The China Disability Policy Dialogue was held in Beijing on 3rd December - the International Day of Persons with Disabilities. Over 80 representatives from the government, academia, the civil society - in particular persons with disabilities and their representative organizations, the media, as well as the private sector attended the event.
Mr. Nicholas Rosellini, UN Resident Coordinator in China highlighted China’s progress on advancing the equal rights of persons with disabilities, as guaranteed by the UN Convention on the Rights of Persons with Disabilities (UNCRPD). He stressed that at the UN “it is our objective that persons with disabilities are empowered to fully and equally participate in China’s development process, so that the Sustainable Development Goals are realized not only for persons with disabilities, but also by and with persons with disabilities.” Many participants attending the event echoed this remark.
Mr. You Liang, Director General of International Affairs at the China Disabled Persons’ Federation introduced China's work in promoting disability inclusion, in the context of participating in the work of the United Nations Committee on the Rights of Persons with Disabilities.
Dr. Marielza Oliveira, Director and Representative of the UNESCO Beijing Cluster Office and Chair of the UN Sub-group on Disability noted that a shift from the “medical model” to a “social model” in viewing and responding to disability has already taken place in China, although there are still challenges and gaps to address in all spheres of the society. Global developments pointing to a rapid increase in attention to disability inclusion also requires a positive and robust response from China as an international leader and influencer. The UN is here to assist in this effort.

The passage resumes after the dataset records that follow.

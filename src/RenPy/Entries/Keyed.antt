-- ===== src/RenPy/Entries/Keyed.antt =====
-- src/modules/renpy/renpy.cpp: the entries of an index that a writer of archives makes.
use observer_modules.Prelude.{none, ℕ, ◌^◌, ◌<◌, List, [], ◌∷◌, length, bit_xor}
use observer_modules.Prelude.Int.{ℤ, pos, negsuc, ◌-ℤ◌}
use observer_modules.Prelude.Words.{to_int64, to_uint64}
use observer_modules.Extractor.{File}
use observer_modules.RenPy.Pickle.Value.{
  Value, Items, Fields, null, int64, string, list, tuple, nil, cons, end, field,
}
use observer_modules.RenPy.Entries.{Decoder, plain, keyed}

-- A value of int64_t.
abbrev pub IsInt64 : ℤ → Type 0
IsInt64 (pos n) = n < 2 ^ 63
IsInt64 (negsuc n) = n < 2 ^ 63

-- A file of an index: its size has the header in it, which is absent, None or a string.
pub data Header : Type 0 where
  absent none_given : Header
  given : List ℕ → Header

pub record Listed : Type 0 where
  pub name : List ℕ
  pub header : Header
  pub offset : ℤ
  pub size : ℤ

abbrev pub IsListed : Listed → Type 0
IsListed entry = IsInt64 entry.offset × IsInt64 entry.size

-- A number as an archive stores it: version 3.0 has each bit combined with the key's.
abbrev pub stored : Decoder → ℤ → Value
stored plain number = int64 number
stored (keyed key) number = int64 (to_int64 (bit_xor (to_uint64 number) (to_uint64 key)))

abbrev pub header_items : Header → Items
header_items absent = nil
header_items none_given = cons null nil
header_items (given text) = cons (string text) nil

abbrev pub header_text : Header → List ℕ
header_text absent = []
header_text none_given = []
header_text (given text) = text

-- The index that a writer of archives makes.
abbrev pub index_of : Decoder → List Listed → Fields
index_of decoder [] = end
index_of decoder (entry ∷ entries) =
    field entry.name
      (list 2 (
        cons
          (tuple 1 (
            cons (stored decoder entry.offset)
              (cons (stored decoder entry.size) (header_items entry.header))))
          nil))
      (index_of decoder entries)

abbrev pub file_of : Listed → File
file_of entry = record {
  path = entry.name;
  header = header_text entry.header;
  offset = entry.offset;
  compressed_body_size_in_bytes = entry.size -ℤ pos (length (header_text entry.header));
  uncompressed_body_size_in_bytes = entry.size -ℤ pos (length (header_text entry.header));
  magic = 0;
  extract = none;
}

abbrev pub files_of : List Listed → List File
files_of [] = []
files_of (entry ∷ entries) = file_of entry ∷ files_of entries
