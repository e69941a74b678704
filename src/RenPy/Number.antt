-- ===== src/RenPy/Number.antt =====
-- The number readers of the standard library that src/modules/renpy calls: `std::stoll` in base 10
-- (pickle.cpp) and `std::strtoll` in base 16 (renpy.cpp), on the bytes of a string.
use observer_modules.Prelude.{
  ℕ, zero, suc, ◌+◌, ◌-◌, ◌*◌, ◌^◌, Bool, true, false, not, ◌&&◌, ◌||◌, List, [], ◌∷◌, ltb, leb,
  ◌==◌, if◌then◌else◌, Option, none, some,
}
use observer_modules.Prelude.Int.{ℤ, pos, negsuc}
use observer_modules.Failure.{out_of_range, invalid_argument, Result, ok, throw}

-- std::isspace
abbrev is_space : ℕ → Bool
is_space c = c == b' ' || leb 9 c && leb c 13

pub skip_spaces : List ℕ → List ℕ
skip_spaces [] = []
skip_spaces (c ∷ cs) = let rest = skip_spaces cs in if is_space c then rest else c ∷ cs

-- The value of a digit below `base`.
pub digit_value : ℕ → ℕ → Option ℕ
digit_value base c =
    let v : ℕ =
      if leb b'0' c && leb c b'9'
      then c - b'0'
      else if leb b'a' c && leb c b'f'
      then c - b'a' + 10
      else if leb b'A' c && leb c b'F'
      then c - b'A' + 10
      else base in
    if ltb v base then some v else none

-- The digits in front: their value, and whether there is one.
pub digits_from : ℕ → ℕ → Bool → List ℕ → ℕ × Bool
digits_from base acc seen [] = (acc, seen)
digits_from base acc seen (c ∷ cs) = elim (digit_value base c) [
  | none ↦ (acc, seen)
  | some d ↦ digits_from base (acc * base + d) true cs
]

-- A sign, if there is one: whether it is a minus, and what follows.
pub sign_of : List ℕ → Bool × List ℕ
sign_of [] = (false, [])
sign_of (c ∷ cs) =
    if c == b'-' then (true, cs) else if c == b'+' then (false, cs) else (false, c ∷ cs)

-- The prefix 0x of base 16 counts only before a digit.
pub skip_hex : List ℕ → List ℕ
skip_hex (z ∷ x ∷ d ∷ cs) = elim (digit_value 16 d) [
  | none ↦ z ∷ x ∷ d ∷ cs
  | some v ↦ if z == b'0' && (x == b'x' || x == b'X') then d ∷ cs else z ∷ x ∷ d ∷ cs
]
skip_hex text = text

-- A magnitude with its sign, if it fits an int64_t.
unfoldable pub in_int64 : Bool → ℕ → Option ℤ
in_int64 false n = if ltb n (2 ^ 63) then some (pos n) else none
in_int64 true zero = some (pos 0)
in_int64 true (suc n) = if ltb n (2 ^ 63) then some (negsuc n) else none

unfoldable pub stoll : List ℕ → Result ℤ
stoll text =
    let (negative, body) = sign_of (skip_spaces text) in
    let (value, seen) = digits_from 10 0 false body in
    if not seen
    then throw (invalid_argument "stoll")
    else elim (in_int64 negative value) [ none ↦ throw (out_of_range "stoll") | some n ↦ ok n ]

-- `none` is ERANGE; a text with no number gives zero.
unfoldable pub strtoll_hex : List ℕ → Option ℤ
strtoll_hex text =
    let (negative, body) = sign_of (skip_spaces text) in
    in_int64 negative (digits_from 16 0 false (skip_hex body)).0
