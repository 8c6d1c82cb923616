-- ===== src/Memory/Guest/Translate.antt =====
-- What the translation of guest physical addresses promises.
use clone.Prelude.{
  ℕ, ◌+◌, ◌-◌, ◌^◌, ◌≤◌, ◌<◌, ◌≡◌, ◌≢◌, ◌↔◌, ◌⊎◌, none, some, arith, leb, ltb, ◌&&◌, if◌then◌else◌,
}
use clone.Memory.Guest.{GuestMem, gpa_to_offset, guest_phys_size}

-- What the VMM sets up: no hole, or a hole that begins inside the allocation.
pub record IsLaidOut (m : GuestMem) : Type 0 where
  pub start_in : m.hole_start ≤ m.size
  pub ordered : m.hole_start ≤ m.hole_end
  pub no_hole : (0 < m.hole_start) ⊎ (m.hole_end ≡ 0)
  pub small : m.size + m.hole_end < 2 ^ 63

-- The addresses that have memory behind them.
abbrev pub IsBacked : GuestMem → ℕ → Type 0
IsBacked m gpa = ((gpa < m.hole_start) ⊎ (m.hole_end ≤ gpa)) × (gpa < guest_phys_size m)

-- Every offset that the translation gives lies inside the allocation.
pub gpa_to_offset-lt :
    {m : GuestMem} (gpa : ℕ) {offset : ℕ}
    → IsLaidOut m
    → gpa_to_offset m gpa ≡ some offset
    → offset < m.size
unfolding gpa_to_offset
gpa_to_offset-lt gpa v e = ground arith

-- In a laid out guest memory, two addresses below 2 ^ 64 with one offset are the same address: no
-- memory is aliased.
pub gpa_to_offset-injective :
    {m : GuestMem} (a b : ℕ) {offset : ℕ}
    → IsLaidOut m
    → a < 2 ^ 64
    → b < 2 ^ 64
    → gpa_to_offset m a ≡ some offset
    → gpa_to_offset m b ≡ some offset
    → a ≡ b
unfolding gpa_to_offset
gpa_to_offset-injective a b v ha hb ea eb = ground arith

-- In a laid out guest memory (no hole, or a hole that begins inside the allocation; sizes below 2 ^
-- 63), an address below 2 ^ 64 is translated exactly when it is backed: below the hole or from its
-- end on, and within the guest's physical size.
pub gpa_to_offset-IsBacked :
    {m : GuestMem} (gpa : ℕ)
    → IsLaidOut m
    → gpa < 2 ^ 64
    → (gpa_to_offset m gpa ≢ none) ↔ IsBacked m gpa
unfolding gpa_to_offset guest_phys_size
gpa_to_offset-IsBacked gpa v h = (λ t. ground arith, λ t. ground arith)

-- In a laid out guest memory every byte of the allocation is the memory of some address: nothing of
-- it is wasted.
pub gpa_of_offset :
    {m : GuestMem} (offset : ℕ)
    → IsLaidOut m
    → offset < m.size
    → (gpa : ℕ) × (gpa_to_offset m gpa ≡ some offset)
unfolding gpa_to_offset
gpa_of_offset {m} offset v h = (
  if leb m.hole_start offset && ltb 0 m.hole_start
      then m.hole_end + (offset - m.hole_start)
      else offset,
  ground arith,
)

-- Addresses outside a range that does not meet the hole's start have offsets outside it.
pub gpa_to_offset-apart :
    {m : GuestMem} (gpa n other : ℕ) {i j : ℕ}
    → IsLaidOut m
    → gpa < 2 ^ 64
    → other < 2 ^ 64
    → (gpa + n ≤ m.hole_start) ⊎ (m.hole_end ≤ gpa)
    → (other < gpa) ⊎ (gpa + n ≤ other)
    → gpa_to_offset m gpa ≡ some i
    → gpa_to_offset m other ≡ some j
    → (j + 1 ≤ i) ⊎ (i + n ≤ j)
unfolding gpa_to_offset
gpa_to_offset-apart {m} gpa n other v ha hb side away p q = ground arith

More than twenty speakers shared latest development and remaining challenges in the disability field in China, from the policy level to the community practices in education, employment, health, access to justice and social assistance, information accessibility and media reporting for persons with disabilities, paying special attention to women with disabilities.
Many issues discussed at the event are intertwined. The Revised Regulations on the Education of Persons with Disabilities, which came into force in 2017, requests that mainstream schools take students with disabilities. However, many schools still lack capacity to ensure every student with disability receive relevant and quality education in an inclusive environment. Excluding persons with disabilities from mainstream education reduces their employability, and even when they are qualified, companies are not ready to hire them due to the lack of accessibility and support needed. China’s quota system for hiring persons with disabilities is an important milestone but without adequate placement and counselling services, training and facilities, it cannot be fully implemented. Women and young people with disabilities face significant barriers to access sexual and reproductive health services. Discrimination and stigma also hinders the social participation of persons with disability, and the role of media is crucial in that respect. Fostering partnerships across sectors and activities is essential to promote social inclusion and this is what this event is all about.
The Policy Dialogue brought together experts working in diverse areas to share best practices and explore a multi-disciplinary approach to address these difficulties in disability inclusion. The Global Business Disability Network - China Chapter, launched in August this year, is a business driven initiative to promote the employment of persons with disabilities, linking business directly to persons with disabilities. Innovative solutions, such as MIUI’s user-participatory approach to the internet development and the promotion of information accessibility was also presented, demonstrating that the private sector is playing an increasingly active and vital role in solving global development issues.
In closing the event, Ms. Claire Courteille-Mulder, Director for ILO Country Office for China and Mongolia concluded that “Access to education, employment, income, information, control over one’s body and sexuality are everybody’s basic aspirations and there is no difference for persons with disabilities. By acting together across our fields and sectors, we can create this environment in which all of us, including people with disabilities, enjoy a life free of stigma and discrimination.”
The China Disability Policy Dialogue was held as part of the United Nations Partnership on the Rights of Persons with Disabilities (UNPRPD) China Programme. Since 2014, the ILO, UNDP, UNESCO, UNICEF, and UNFPA have been working together with national partners and stakeholders to reduce inequalities and promote disability inclusion. Through capacity building, evidence based advocacy, technical support and partnership development, the project led to changes in laws, polices and strategic frameworks to promote the inclusion of persons with disabilities in China.